How Does Cloud Storage Work
As a data engineer, you need to understand how cloud storage accomplishes these apparently contradictory qualities, and when to employ them in your solutions.
Buckets and Objects:
A lot of cloud storage amazing properties have to do with the fact that ultimately it’s an object store, and that all the other features are built on top of that base. The two main entities in cloud storage our buckets and objects.
-
- Buckets are containers which hold objects
- Objects exist inside of those buckets and not apart from them.
So, buckets are containers for our purposes for data, buckets are identified in a single globally unique namespace. So that means, once a name is given to a bucket, it can’t be used by anyone else until that bucket’s deleted and that name is released.
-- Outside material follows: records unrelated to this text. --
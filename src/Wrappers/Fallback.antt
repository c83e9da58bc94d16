-- ===== src/Wrappers/Fallback.antt =====
-- wrappers.c: `read` and `pread` when the server does not serve a descriptor. The local calls that are
-- to stand in come behind a log line, which is given a path that the client has erased by then.
use hvac_checkpoint.Common.{ℕ, ◌≡◌, ◌∙◌, some, List, arith}
use hvac_checkpoint.Common.Int.{ℤ, pos, minus_one, int_eq, to_int32}
use hvac_checkpoint.Common.Maps.{lookup, erase, index}
use hvac_checkpoint.Common.Text.{Text, codes}
use hvac_checkpoint.Common.Run.{ok, fault, undefined, ◌>>=◌}
use hvac_checkpoint.Server.Read.{RpcIn}
use hvac_checkpoint.Client.{Client, Env, Rpc}
use hvac_checkpoint.Client.Calls.{server_address, remote_fetch, finish_read}
use hvac_checkpoint.Client.Remote.{get_path, hashed_host, ring_host, untrack_failed, remote_read}
use hvac_checkpoint.Client.Invariant.{IsConsistent}
use hvac_checkpoint.Client.Operations.{HasServerCount, remote_pread_lem}
use hvac_checkpoint.Client.Fallback.{read_fails-lookup, pread_fails-lookup}
use hvac_checkpoint.Wrappers.{Libc, Process, map_or_fail, log_tracked_path, read, pread}
use hvac_checkpoint.Wrappers.Plain.{HasSymbols}

-- What a client asks of a server for a read.
abbrev pub read_request : {World : Type 0} → Env → ℤ → ℕ → ℤ → Client World → RpcIn
read_request env fd count offset c = record {
  input_val = to_int32 (pos count);
  accessfd = (index fd (pos 0) c.fd_redir_map).0;
  localfd = fd;
  offset = offset;
  client_rank = env.client_rank;
}

-- A fetch that the server does not serve: its address is known, and its answer is -1 or does not
-- decode.
pub record IsRefused (rpc : Rpc) (env : Env) (host fd : ℤ) (count : ℕ) (offset : ℤ)
    (c : Client rpc.World) : Type 0 where
  pub address : Text
  pub known : Client rpc.World
  pub found : server_address env host c ≡ ok (address, known)
  pub bytes : List ℕ
  pub refused :
      finish_read (rpc.read_rpc address (read_request env fd count offset known) known.world).0
      ≡ ok (minus_one, bytes)

module _ (rpc : Rpc) (env : Env) (host fd : ℤ) (count : ℕ) (offset : ℤ) (c : Client rpc.World) where
  IsRefused-remote_fetch :
      IsRefused rpc env host fd count offset c
      → (bytes : List ℕ) × (c' : Client rpc.World) × ((remote_fetch rpc env host fd count offset c
            >>= λ t. ok (untrack_failed rpc env fd t))
          ≡ ok (minus_one, bytes, c'))
  unfolding remote_fetch untrack_failed
  IsRefused-remote_fetch v =
      let answer =
        rpc.read_rpc v.address (read_request env fd count offset v.known) v.known.world in
      let redir = (index fd (pos 0) v.known.fd_redir_map).1 in
      (
        v.bytes,
        record v.known { world = answer.1; fd_redir_map = redir; fd_map = erase fd v.known.fd_map },
        ground (arith, v.found, v.refused),
      )

module _ (lc : Libc) (rpc : Rpc) (env : Env) (found : HasSymbols lc) where
  -- Where every call of the C library is found, and a server refuses the read that the process's
  -- `read` of a tracked descriptor sends: the local read does not come about, since the log line
  -- before it reads freed memory.
  pub read_fails_freed :
      (fd host : ℤ) (count : ℕ) (path : Text) (p : Process lc.Local rpc.World)
      → lookup fd p.client.fd_map ≡ some path
      → hashed_host env path ≡ ok host
      → IsRefused rpc env host fd count minus_one p.client
      → read lc rpc env fd count p ≡ fault undefined
  unfolding read map_or_fail get_path log_tracked_path remote_read
  read_fails_freed fd host count path p tracked hashed v =
      let (bytes, c, fetched) = IsRefused-remote_fetch rpc env host fd count minus_one p.client v in
      let failed : remote_read rpc env fd count p.client ≡ ok (minus_one, bytes, c) =
        rw (tracked, remote_read, hashed) fetched in
      let gone = read_fails-lookup rpc env fd count bytes p.client c failed in
      unfold read in rw (found (codes "read"), failed, tracked, log_tracked_path, gone)

  -- Where every call of the C library is found, the client is in a consistent state, with at least
  -- one server and fewer than 2^31, and the server that the ring gives refuses the read that the
  -- process's `pread` of a tracked descriptor sends: the local `pread` does not come about, since
  -- the log line before it reads freed memory.
  pub pread_fails_freed :
      (counted : HasServerCount env) (fd host : ℤ) (count : ℕ) (offset : ℤ) (path hostname : Text)
      (p : Process lc.Local rpc.World)
      → IsConsistent env p.client
      → lookup fd p.client.fd_map ≡ some path
      → ring_host env path p.client ≡ ok (hostname, host)
      → IsRefused rpc env host fd count offset p.client
      → pread lc rpc env fd count offset p ≡ fault undefined
  unfolding pread map_or_fail get_path log_tracked_path
  pread_fails_freed counted fd host count offset path hostname p consistent tracked routed v =
      let (hostname', n, lt, routed', served) =
        remote_pread_lem rpc env counted fd count offset path p.client consistent tracked in
      let same : host ≡ pos n = cc (routed, routed') in
      let (bytes, c, fetched) = IsRefused-remote_fetch rpc env host fd count offset p.client v in
      let failed = served ∙ (rw same at fetched) in
      let gone = pread_fails-lookup rpc env fd count offset bytes p.client c failed in
      rw (found (codes "pread"), tracked, failed, log_tracked_path, gone)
Having a global namespace for buckets greatly simplifies locating any particular bucket. When the bucket is created it’s associated with a particular region or multiple regions, choosing a region close to where the data will be processed will reduce latency.
Data Replication:
When an object is stored, cloud storage replicates that object, it’ll then monitor the replicas, and if one of them is lost or corrupted it’ll replace it automatically with a fresh copy.
For a single region bucket, as you might expect, the objects are replicated across zones within that one region.
Metadata:
The objects are stored with metadata, metadata is information about that object. Additional cloud storage features use the metadata for purposes such as access control, compression, encryption, and lifecycle management of those objects and buckets. This feature uses the object metadata to determine when to delete that object. When you create a bucket, you need to make several decisions. The first is the location of that bucket, location is set when a bucket is created and it can never be changed.
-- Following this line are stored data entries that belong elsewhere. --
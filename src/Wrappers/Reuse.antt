-- ===== src/Wrappers/Reuse.antt =====
-- wrappers.c: a descriptor that the C library hands out again while the client still tracks it, as
-- after an `fclose`, which no wrapper stands in for.
use hvac_checkpoint.Common.{ℕ, ◌≡◌, refl, false, some, none, List, arith}
use hvac_checkpoint.Common.Int.{ℤ, pos, int_eq}
use hvac_checkpoint.Common.Maps.{lookup}
use hvac_checkpoint.Common.Text.{Text, codes}
use hvac_checkpoint.Common.Run.{ok}
use hvac_checkpoint.Client.{Client, Env, Rpc}
use hvac_checkpoint.Client.Remote.{get_path, remote_pread}
use hvac_checkpoint.Client.Track.{wants_tracking, track_file}
use hvac_checkpoint.Wrappers.{Libc, Process, is_off, map_or_fail, passed_mode, open_file, pread}
use hvac_checkpoint.Wrappers.Plain.{HasSymbols, moved}

module _ (lc : Libc) (rpc : Rpc) (env : Env) (found : HasSymbols lc)
    (p : Process lc.Local rpc.World) where
  -- Where every call of the C library is found: a file that is not to be tracked, opened with the
  -- redirection on under a descriptor that is still tracked for another one, leaves that entry
  -- standing; a `pread` of the new file that the server serves returns the bytes of the old one,
  -- and leaves the C library as it was after the open.
  pub pread-open_file_stale :
      (path old : Text) (flags count n : ℕ) (mode fd offset : ℤ) (bytes : List ℕ) (local : lc.Local)
      (c : Client rpc.World)
      → is_off p ≡ false
      → wants_tracking env path flags ≡ none
      → lc.real_open path flags (passed_mode false flags mode) p.local ≡ (fd, local)
      → lookup fd p.client.fd_map ≡ some old
      → remote_pread rpc env fd count offset p.client ≡ ok (pos n, bytes, c)
      → (p₁ p₂ : Process lc.Local rpc.World) × (open_file lc rpc env path flags mode p
          ≡ ok (fd, p₁))
        × (get_path fd p₁.client ≡ some old)
        × (pread lc rpc env fd count offset p₁ ≡ ok (pos n, bytes, p₂))
        × (p₂.local ≡ local)
  unfolding open_file pread map_or_fail get_path track_file
  pread-open_file_stale path old flags count n mode fd offset bytes local c on unwanted opened
        tracked served =
      (
        moved p local,
        record p { client = c; local = local },
        ground (arith, found (codes "open"), on, unwanted, opened),
        tracked,
        ground (arith, found (codes "pread"), tracked, served),
        refl,
      )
Cloud Storage Simulates a File System
Cloud storage uses the bucket name and the object name to simulate a file system. This is how it works, the bucket name is the first term in the URI, a forward slash is appended to it, and then it’s concatenated with the object name. The object name allows the forward-slash character as a valid character in the name, the very long object name with forward-slash characters in it. Looks like a file path system even though it’s just a single name, in the example shown the bucket name is “declass”. The object name is “de/modules/O2/script.sh”, the forward slashes are just characters in the name.
Google Cloud Storage can be accessed using the file access method, which allows you for example to use a copy command from the local file directory to Google Cloud Storage. You can use the tool gsutil or Google storage utility to do this, cloud storage can also be accessed over the web. The site for it is storage.cloud.google.com, and it uses TLS or HTTPS to transport your data, which protects the credentials as well as the data in transit.
Summary
So as we can see Cloud Storage is object storage for companies of all sizes. Store any amount of data. Retrieve it as often as you’d like. Cloud Storage has an ever-growing list of storage bucket locations where you can store your data with multiple automatic redundancy options. In addition, Cloud Storage has many other object management features.